Post by nisiprius » Tue Oct 27, 2015 8:09 pm

Razeus, there are pretty good and convincing reasons for wanting an index fund to be cap-weighted. Some of them go back to 1923 and Irving Fisher's work and his book, The Making of Index Numbers.

Because Vanguard has been so successful with its cap-weighted index funds, it is hard to compete with Vanguard directly. A swarm of rivals now try to compete with things that can be called "index funds" and thus benefit from the good reputation of indexing, but don't use cap-weighting so they can be claimed to be better. The result is that there is a drumbeat of critics all saying the same thing: cap-weighting sucks. And one of the commonest ways to attack it is to complain that it invests more money in the biggest companies.
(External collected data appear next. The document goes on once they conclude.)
-- ===== src/Controller/Repository/Settings.antt =====
-- The settings of the BorgBase repository: `reconcileSettings`.
pub mod Convergence
use borgbase_operator.Base.{
  Text, codes, Bool, true, false, not, ◌&&◌, ◌||◌, Option, none, some, ℤ, int_eq, ◌++◌,
  if◌then◌else◌,
}
use borgbase_operator.Api.Repository.{Repository, RepositorySpec}
use borgbase_operator.Borgbase.Types.{Repo, EditOptions, edit_is_zero}
use borgbase_operator.Controller.Env.{Env, borg_edit, event_normal}
use borgbase_operator.Controller.Exec.{Exec, pure, ask, emit, ◌>>=◌, ◌>>◌}
use borgbase_operator.Controller.Repository.Base.{rewrap}

abbrev pub bool_eq : Bool → Bool → Bool
bool_eq true b = b
bool_eq false b = not b

abbrev pub no_edit : EditOptions
no_edit = record { quota = none; quota_enabled = none; alert_days = none; append_only = none }

-- The `switch` on the quota.
abbrev pub quota_edit : Option ℤ → Repo → EditOptions → EditOptions
quota_edit (some q) remote opts =
    if not remote.quota_enabled || not (int_eq q remote.quota)
    then record opts { quota_enabled = some true; quota = some q }
    else opts
quota_edit none remote opts =
    if remote.quota_enabled
    then record opts { quota_enabled = some false; quota = some remote.quota }
    else opts

abbrev pub alert_edit : Option ℤ → Repo → EditOptions → EditOptions
alert_edit none remote opts = opts
alert_edit (some days) remote opts =
    if not (int_eq days remote.alert_days) then record opts { alert_days = some days } else opts

abbrev pub append_only_edit : Bool → Repo → EditOptions → EditOptions
append_only_edit wanted remote opts =
    if not (bool_eq wanted remote.append_only)
    then record opts { append_only = some wanted }
    else opts

-- The options that `reconcileSettings` builds.
unfoldable pub settings_edit : RepositorySpec → Repo → EditOptions
settings_edit spec remote =
    append_only_edit spec.append_only remote
      (alert_edit spec.alert_days remote (quota_edit spec.quota_gib remote no_edit))

-- `func (r *RepositoryReconciler) reconcileSettings`
unfoldable pub reconcile_settings : Env → Text → Repository → Repo → Exec Repository Repo
unfolding settings_edit edit_is_zero
reconcile_settings env token repo remote =
    let opts = settings_edit repo.spec remote in
    if edit_is_zero opts then pure remote else do
      reply ← ask (borg_edit token remote.id opts) (λ h. env.borg_edited h token remote.id opts)
      updated ← rewrap (codes "updating settings on repository " ++ (remote.id ++ codes ": ")) reply
      emit event_normal (codes "SettingsUpdated") (codes "Edit")
          (codes "Updated settings on BorgBase repository " ++ remote.id)
      pure updated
That is to say, they complain about the fact that cap-weight index funds are cap-weighted! But they phrase in a way that makes it as if it's bad. It's sort of like the roofer who tried to convince me he was selling me superior shingles by saying that the competition's shingles had ground-up oyster shells in them. It was perfectly true. It's just that there's not a thing wrong with oyster shells, and he never said there was. Or like the joke-scare publications warning that your drinking water contains dihydrogen monoxide.

I don't mind being cap-weighted because I want to mirror the market, and the market itself is cap-weighted. The whole point of indexing is to shrug and accept the market's decisions on valuations and allocation. Not because the market is always right, it isn't by a long shot, but because it's right more often than I am. So, VTSAX puts 3.2% of my money into Apple stock. Why? Because the U.S. stock market itself puts 3.2% of its money in Apple stock. I don't know why the market wants to put so much of its money into Apple, but I don't care.
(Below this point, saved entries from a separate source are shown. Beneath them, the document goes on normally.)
-- ===== src/Controller/Repository/InitJob.antt =====
-- The Job that runs `restic init`: `reconcileInitJob` and `cleanupInitJob`.
use borgbase_operator.Base.{
  ℕ, ◌+◌, ◌-◌, ◌*◌, ltb, Text, codes, text_eq, Bool, true, false, Option, none, some, List, [], ◌∷◌,
  ◌++◌, if◌then◌else◌,
}
use borgbase_operator.Errors.{wrap, is_not_found, is_already_exists}
use borgbase_operator.Api.Meta.{condition_true, condition_false}
use borgbase_operator.Api.Repository.{Repository, secret_name_of}
use borgbase_operator.Kube.Pod.{runtime_default, drop_all}
use borgbase_operator.Kube.Objects.{Job, JobCondition}
use borgbase_operator.Controller.Env.{
  Env, live_repository, get_job, create_job, delete_job, read_clock, event_normal, event_warning,
}
use borgbase_operator.Controller.Exec.{
  Exec, pure, raise, lift, ask, modify, emit, ◌>>=◌, ◌>>◌, on_result, on_option,
}
use borgbase_operator.Controller.Helpers.{second, minute, label_managed_by, managed_by_value}
use borgbase_operator.Controller.Repository.Base.{RepositoryReconciler, set_initialized}
use borgbase_operator.Controller.Repository.Credentials.{empty_meta}

abbrev pub init_retry_delay : ℕ
init_retry_delay = 5 * minute

abbrev pub init_job_name : Repository → Text
init_job_name repo = repo.meta.name ++ codes "-init"

-- `func jobFailedAt`, on the conditions of the Job.
unfoldable pub job_failed_at : List JobCondition → Option ℕ
job_failed_at [] = none
job_failed_at (c ∷ cs) =
    let rest = job_failed_at cs in
    let here : Option ℕ = elim c.status [
      | condition_true ↦ some c.last_transition_time
      | _ ↦ rest
    ] in
    if text_eq c.type (codes "Failed") then here else rest

-- `func (r *RepositoryReconciler) buildInitJob`
unfoldable pub build_init_job : RepositoryReconciler → Repository → Text → Job
build_init_job r repo name = record {
  meta = record empty_meta {
    name = name;
    namespace = repo.meta.namespace;
    labels =
        (codes "app.kubernetes.io/name", repo.meta.name)
        ∷ ((codes "app.kubernetes.io/component", codes "init")
            ∷ ((label_managed_by, managed_by_value) ∷ []));
  };
  spec = record {
    ttl_seconds = some 3600;
    backoff_limit = some 3;
    template = record {
      labels = [];
      pod = record {
        restart_policy = codes "Never";
        containers =
            record {
              name = codes "init";
              image = r.backup_image;
              command =
                  codes "sh"
                  ∷ (codes "-c" ∷ (codes "restic cat config >/dev/null 2>&1 || restic init" ∷ []));
              args = [];
              working_dir = [];
              env = [];
              env_from = record { secret_ref = some (secret_name_of repo) } ∷ [];
              volume_mounts = [];
              resources = record {
                requests = (codes "cpu", codes "10m") ∷ ((codes "memory", codes "64Mi") ∷ []);
                limits = (codes "memory", codes "256Mi") ∷ [];
              };
              security = drop_all;
              stdin = false;
              tty = false;
            }
            ∷ [];
        volumes = [];
        affinity = none;
        automount_token = some false;
        security = runtime_default;
      };
    };
  };
  status = record {
    start_time = none;
    completion_time = none;
    succeeded = 0;
    active = 0;
    failed = 0;
    conditions = [];
  };
}

module _ (env : Env) where
  -- `func (r *RepositoryReconciler) deleteJob`
  unfoldable pub delete_init_job : Job → Exec Repository (Unit {0})
  delete_init_job job = do
    reply ← ask (delete_job job) (λ h. env.deleted_job h job)
    on_result reply pure λ e.
        if is_not_found e
        then pure tt
        else raise (wrap (codes "deleting init job " ++ (job.meta.name ++ codes ": ")) e [])

  -- `func (r *RepositoryReconciler) initializationRecorded`
  unfoldable pub initialization_recorded : Repository → Exec Repository Bool
  initialization_recorded repo = do
    reply ←
        ask (live_repository repo.meta.namespace repo.meta.name)
          (λ h. env.got_live_repository h repo.meta.namespace repo.meta.name)
    on_result reply (λ live. pure live.status.initialized)
        λ e. if is_not_found e then pure false else raise e

  -- The Job has succeeded.
  init_succeeded : Repository → Exec Repository ℕ
  init_succeeded repo = do
    recorded ← initialization_recorded repo
    modify λ o. record o { status = record o.status { initialized = true } }
    if recorded
        then pure tt
        else emit event_normal (codes "Initialized") (codes "Initialize")
            (codes "restic init completed successfully")
    pure 0

  -- The Job has failed at the given time, and is deleted once the delay is over.
  init_failed : Text → Job → ℕ → Exec Repository ℕ
  init_failed name job failed_at = do
    set_initialized env condition_false (codes "InitFailed") (
        codes "restic init failed in Job "
        ++ (name
            ++ codes
                "; on an adopted repository this usually means passwordSecretRef holds the wrong password. Retrying in 5m0s"))
    now ← ask read_clock env.now
    if ltb now (init_retry_delay + failed_at) then pure (init_retry_delay + failed_at - now) else do
      emit event_warning (codes "InitFailed") (codes "Initialize") (
          codes "restic init failed in Job "
          ++ (name
              ++ codes
                  "; if this repository was adopted, check that passwordSecretRef holds its original password. Retrying"))
      delete_init_job job
      pure init_retry_delay

  still_running : Text → Exec Repository ℕ
  still_running name = do
    set_initialized env condition_false (codes "Initializing")
        (codes "waiting for init Job " ++ (name ++ codes " to complete"))
    pure (15 * second)

  -- The Job is there.
  watch_init_job : Repository → Text → Job → Exec Repository ℕ
  watch_init_job repo name job =
      if ltb 0 job.status.succeeded
      then init_succeeded repo
      else on_option (job_failed_at job.status.conditions) (init_failed name job)
          (still_running name)

  init_started : Text → Exec Repository ℕ
  init_started name = do
    emit event_normal (codes "Initializing") (codes "Initialize")
        (codes "Started init job " ++ name)
    set_initialized env condition_false (codes "Initializing") (codes "started init Job " ++ name)
    pure (15 * second)

  -- No Job is there.
  start_init_job : RepositoryReconciler → Repository → Text → Exec Repository ℕ
  start_init_job r repo name = do
    let job = build_init_job r repo name
    meta ← lift (env.set_controller_reference repo.meta job.meta)
    let owned : Job = record job { meta = meta }
    reply ← ask (create_job owned) (λ h. env.created_job h owned)
    on_result reply (λ _. init_started name)
        λ e.
          if is_already_exists e
          then pure (15 * second)
          else raise (wrap (codes "creating init job: ") e [])

  -- `func (r *RepositoryReconciler) reconcileInitJob`: how long to wait, 0 once initialized.
  unfoldable pub reconcile_init_job : RepositoryReconciler → Repository → Exec Repository ℕ
  unfolding init_succeeded init_failed still_running watch_init_job init_started start_init_job
  reconcile_init_job r repo = do
    let name = init_job_name repo
    reply ← ask (get_job repo.meta.namespace name) (λ h. env.got_job h repo.meta.namespace name)
    on_result reply (watch_init_job repo name)
        λ e. if is_not_found e then start_init_job r repo name else raise e

  -- `func (r *RepositoryReconciler) cleanupInitJob`
  unfoldable pub cleanup_init_job : Repository → Exec Repository (Unit {0})
  unfolding delete_init_job
  cleanup_init_job repo = do
    let name = init_job_name repo
    reply ← ask (get_job repo.meta.namespace name) (λ h. env.got_job h repo.meta.namespace name)
    on_result reply delete_init_job λ e. if is_not_found e then pure tt else raise e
Now, you may want to look into the arguments for the competition, but just be careful and be aware that there are obvious financially-interested reasons why anyone who isn't Vanguard might want to knock cap-weighting.

Now if you want to invest equally in all of the 500 stocks of the S&P 500 there is an ETF that does that. I don't think it's a good idea, but of course there are those who do.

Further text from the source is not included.